__What the exercise asks__. Work out the number of lines in the listing below that include "elim", and answer with it alone.

__Raw data__.
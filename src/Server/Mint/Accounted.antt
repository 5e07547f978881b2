-- ===== src/Server/Mint/Accounted.antt =====
-- The account of a mint request.
use railway.Base.{◌≡◌, refl, Option, none, some, true, false, [], ◌∷◌, inl, inr, Bool-cases}
use railway.Base.Result.{Result-cases}
use railway.Text.{Text, codes, text_eq, is_empty}
use railway.Http.{Request}
use railway.Idempotency.{Record}
use railway.Config.{ServiceConfig}
use railway.Server.Defs.{MintIntentRequest, inc_mint, Parts, State, Readings}
use railway.Server.Mint.{
  mint_key, submission, submit_valid, submit_decoded, mint_after_lookup, handle_mint_intents,
  validate_mint_intent_request,
}
use railway.Server.Accounts.{submits, IsAccounted, unchanged, followed, noted}

created-ne-cached : text_eq (codes "created") (codes "cached") ≡ false
unfolding codes text_eq
created-ne-cached = refl

failed-ne-cached : text_eq (codes "failed") (codes "cached") ≡ false
unfolding codes text_eq
failed-ne-cached = refl

cached-eq-cached : text_eq (codes "cached") (codes "cached") ≡ true
unfolding codes text_eq
cached-eq-cached = refl

module _ (p : Parts) (cfg : ServiceConfig) where
  submit_valid-IsAccounted :
      (now : Readings) (key : Text) (payload : MintIntentRequest) (invalid : Option Text)
      (s : State p)
      → IsAccounted p s (submit_valid p cfg now key payload invalid s).1
  submit_valid-IsAccounted now key payload (some e) s = unchanged p s s refl refl
  submit_valid-IsAccounted now key payload none s =
      elim (Result-cases (p.client.submit_intent (submission payload) s.chain).0) [
        | inl (e, bad) ↦ rw bad (record {
          calls = submits (submission payload) ∷ [];
          counted = inc_mint (codes "failed") ∷ [];
          chain_eq = refl;
          metrics_eq = refl;
          submits_eq = rw failed-ne-cached;
          executes_eq = refl;
        })
        | inr (result, good) ↦ rw good (record {
          calls = submits (submission payload) ∷ [];
          counted = inc_mint (codes "created") ∷ [];
          chain_eq = refl;
          metrics_eq = refl;
          submits_eq = rw created-ne-cached;
          executes_eq = refl;
        })
      ]

  submit_decoded-IsAccounted :
      (now : Readings) (key : Text) (decoded : Option MintIntentRequest) (s : State p)
      → IsAccounted p s (submit_decoded p cfg now key decoded s).1
  submit_decoded-IsAccounted now key none s = unchanged p s s refl refl
  submit_decoded-IsAccounted now key (some payload) s =
      submit_valid-IsAccounted now key payload (validate_mint_intent_request payload) s

  mint_after_lookup-IsAccounted :
      (now : Readings) (key : Text) (r : Request) (found : Option Record) (s : State p)
      → IsAccounted p s (mint_after_lookup p cfg now key r found s).1
  unfolding mint_after_lookup
  mint_after_lookup-IsAccounted now key r (some rec) s =
      noted p (inc_mint (codes "cached")) s (rw cached-eq-cached) refl
  mint_after_lookup-IsAccounted now key r none s = submit_decoded-IsAccounted now key _ s

  pub handle_mint_intents-IsAccounted :
      (now : Readings) (r : Request) (s : State p)
      → IsAccounted p s (handle_mint_intents p cfg now r s).1
  unfolding handle_mint_intents
  handle_mint_intents-IsAccounted now r s = elim (Bool-cases (text_eq r.method (codes "POST"))) [
    | inr other ↦ rw other (unchanged p s s refl refl)
    | inl post ↦ elim (Bool-cases (is_empty (mint_key r))) [
      | inl empty ↦ rw (post, empty) (unchanged p s s refl refl)
      | inr full ↦
          rw (post, full)
            (followed p s (record s { records = (p.store.get now.lookup (mint_key r) s.records).1 })
              _ (unchanged p _ _ refl refl) (mint_after_lookup-IsAccounted now (mint_key r) r _ _))
    ]
  ]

__Solved problem__. 3